-- Opening Marker --
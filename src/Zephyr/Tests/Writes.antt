-- ===== src/Zephyr/Tests/Writes.antt =====
-- Writes of the Zephyr client to small services.
use qa_ai_native.Prelude.{
  String, ◌≡◌, refl, true, false, ◌||◌, Option, some, none, List, [], ◌∷◌, if◌then◌else◌, str_eq,
  arith, All,
}
use qa_ai_native.Dict.{Dict, elem, lookup, insert, lookup-insert}
use qa_ai_native.Json.{
  Json, null, number, string, array, object, nil, Fields, get_or, dict, items_of, texts,
}
use qa_ai_native.Registry.{or_default}
use qa_ai_native.Retry.{Attempt, succeeded}
use qa_ai_native.Service.{http_get, http_put, Call, World, done}
use qa_ai_native.TestCases.{failed}
use qa_ai_native.Zephyr.Cases.{get_test_case_url, add_labels_to_test_case, create_test_cases}
use qa_ai_native.Zephyr.Updates.{Store, Updates}
use qa_ai_native.Zephyr.Edits.{add_labels-Updates}
use qa_ai_native.Zephyr.Executions.{Execution, create_test_execution}
use qa_ai_native.Zephyr.Payload.{TellsExecution}
use qa_ai_native.Zephyr.Reports.{created_call, all_calls, create_test_execution-Sends}
use qa_ai_native.Zephyr.Creates.{all_calls as creation_calls, create_test_cases-Sends}
use qa_ai_native.Service.Sends.{Sends}
use qa_ai_native.Zephyr.Tests.{config, start, test_case}

-- A service that keeps a value under each address.
abbrev keep : Call → Dict Json → Dict Json × Attempt (Option Json)
keep call s = elim call.method [
  | http_get ↦ (s, succeeded (some (or_default null (lookup call.url s))))
  | http_put ↦ (insert call.url call.content s, succeeded none)
  | _ ↦ (s, succeeded none)
]

keep-lookup :
    (url u : String) (j : Json) (s : Dict Json)
    → or_default null (lookup u (insert url j s))
      ≡ (if str_eq url u then j else or_default null (lookup u s))
keep-lookup url u j s = ground (arith, lookup-insert url u j s)

abbrev kept : Store keep
kept = record {
  stored = λ s url. or_default null (lookup url s);
  put = λ s url j. insert url j s;
  reads = λ url s. refl;
  writes = λ url j s. refl;
  stored-put = keep-lookup;
}

abbrev custom : Fields
custom = dict (("Review", string "old") ∷ [])

abbrev full : Fields
full =
    dict (("labels", array (items_of (texts ("ui" ∷ [])))) ∷ ("customFields", object custom) ∷ [])

abbrev shelf : World (Dict Json)
shelf = start (("z/testcases/T-1", object full) ∷ [])

abbrev text_of : Json → String
text_of j = "?"

add_labels-Updates_example :
    ((add_labels_to_test_case keep config (λ l. l) "T-1" ("ui" ∷ "new" ∷ []) shelf).1 ≡ done none)
    × ((new : List String) × ((x : String)
          → elem x new ≡ (elem x ("ui" ∷ []) || elem x ("ui" ∷ "new" ∷ [])))
        × Updates keep config kept
            (omega arith)
            "z/testcases/T-1"
            "labels"
            (array (items_of (texts new)))
            full
            shelf.service
            (add_labels_to_test_case keep config
              (λ l. l)
              "T-1"
              ("ui" ∷ "new" ∷ [])
              shelf).0.service)
unfolding get_test_case_url get_or
add_labels-Updates_example =
    add_labels-Updates keep config kept (omega arith) (λ l. l) (λ x l. refl) "T-1" ("ui" ∷ [])
      ("ui" ∷ "new" ∷ []) full shelf refl refl

-- A service that gives each created thing the same identifier.
abbrev receipt : Fields
receipt = dict (("id", number true "7") ∷ ("key", string "T-7") ∷ ("values", array nil) ∷ [])

abbrev accept : Call → Unit {0} → Unit {0} × Attempt (Option Json)
accept call s = (tt, succeeded (some (object receipt)))

abbrev execution : Execution
execution = record {
  step_results =
      record {
        success = false;
        error_message = "no";
        actual_results = "";
        execution_end_timestamp = none;
      }
      ∷ [];
  test_case_key = "T-1";
  status = failed;
  general_error_message = "no";
  start_timestamp = "";
  end_timestamp = "";
  incident = some (record {
    incident_id = some (number true "9");
    incident_key = some "P-9";
    duplicates = record { issue_id = "8"; issue_key = "P-8" } ∷ [];
  });
}

create_test_execution-Sends_example :
    Sends
      (all_calls config
        (λ t. none)
        "P"
        "C-1"
        none
        text_of
        (λ call. receipt)
        (λ key. [])
        (execution ∷ []))
      tt
      (start tt)
      (create_test_execution config
        (λ t. none)
        "P"
        "C-1"
        none
        accept
        text_of
        (execution ∷ [])
        (start tt))
    × All
        (λ e.
          TellsExecution "P" "C-1" 0 e
            (created_call config
              (λ t. none)
              "P"
              "C-1"
              none
              text_of
              (λ call. receipt)
              (λ key. [])
              e).content)
        (execution ∷ [])
unfolding get_or
create_test_execution-Sends_example =
    create_test_execution-Sends config (λ t. none) "P" "C-1" none text_of (λ call. receipt)
      (λ key. []) accept (λ call s. refl) (omega arith) (λ key. refl) (execution ∷ []) (start tt)

create_test_cases-Sends_example :
    Sends
      (creation_calls config text_of "P" "12" (number true "12") (λ call. receipt) (test_case ∷ []))
      (string "T-7" ∷ [])
      (start tt)
      (create_test_cases accept config text_of
        (λ s. some (number true "12"))
        "P"
        "12"
        (test_case ∷ [])
        (start tt))
unfolding get_or
create_test_cases-Sends_example =
    create_test_cases-Sends config text_of "P" "12" (number true "12") (λ call. receipt) accept
      (λ call s. refl) (omega arith) (λ s. some (number true "12")) refl (test_case ∷ []) (start tt)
-- Closing Marker --
List every line from the entries above in which "texts" appears.

**Exercise response:**
  Json, null, number, string, array, object, nil, Fields, get_or, dict, items_of, texts,
    dict (("labels", array (items_of (texts ("ui" ∷ [])))) ∷ ("customFields", object custom) ∷ [])
            (array (items_of (texts new)))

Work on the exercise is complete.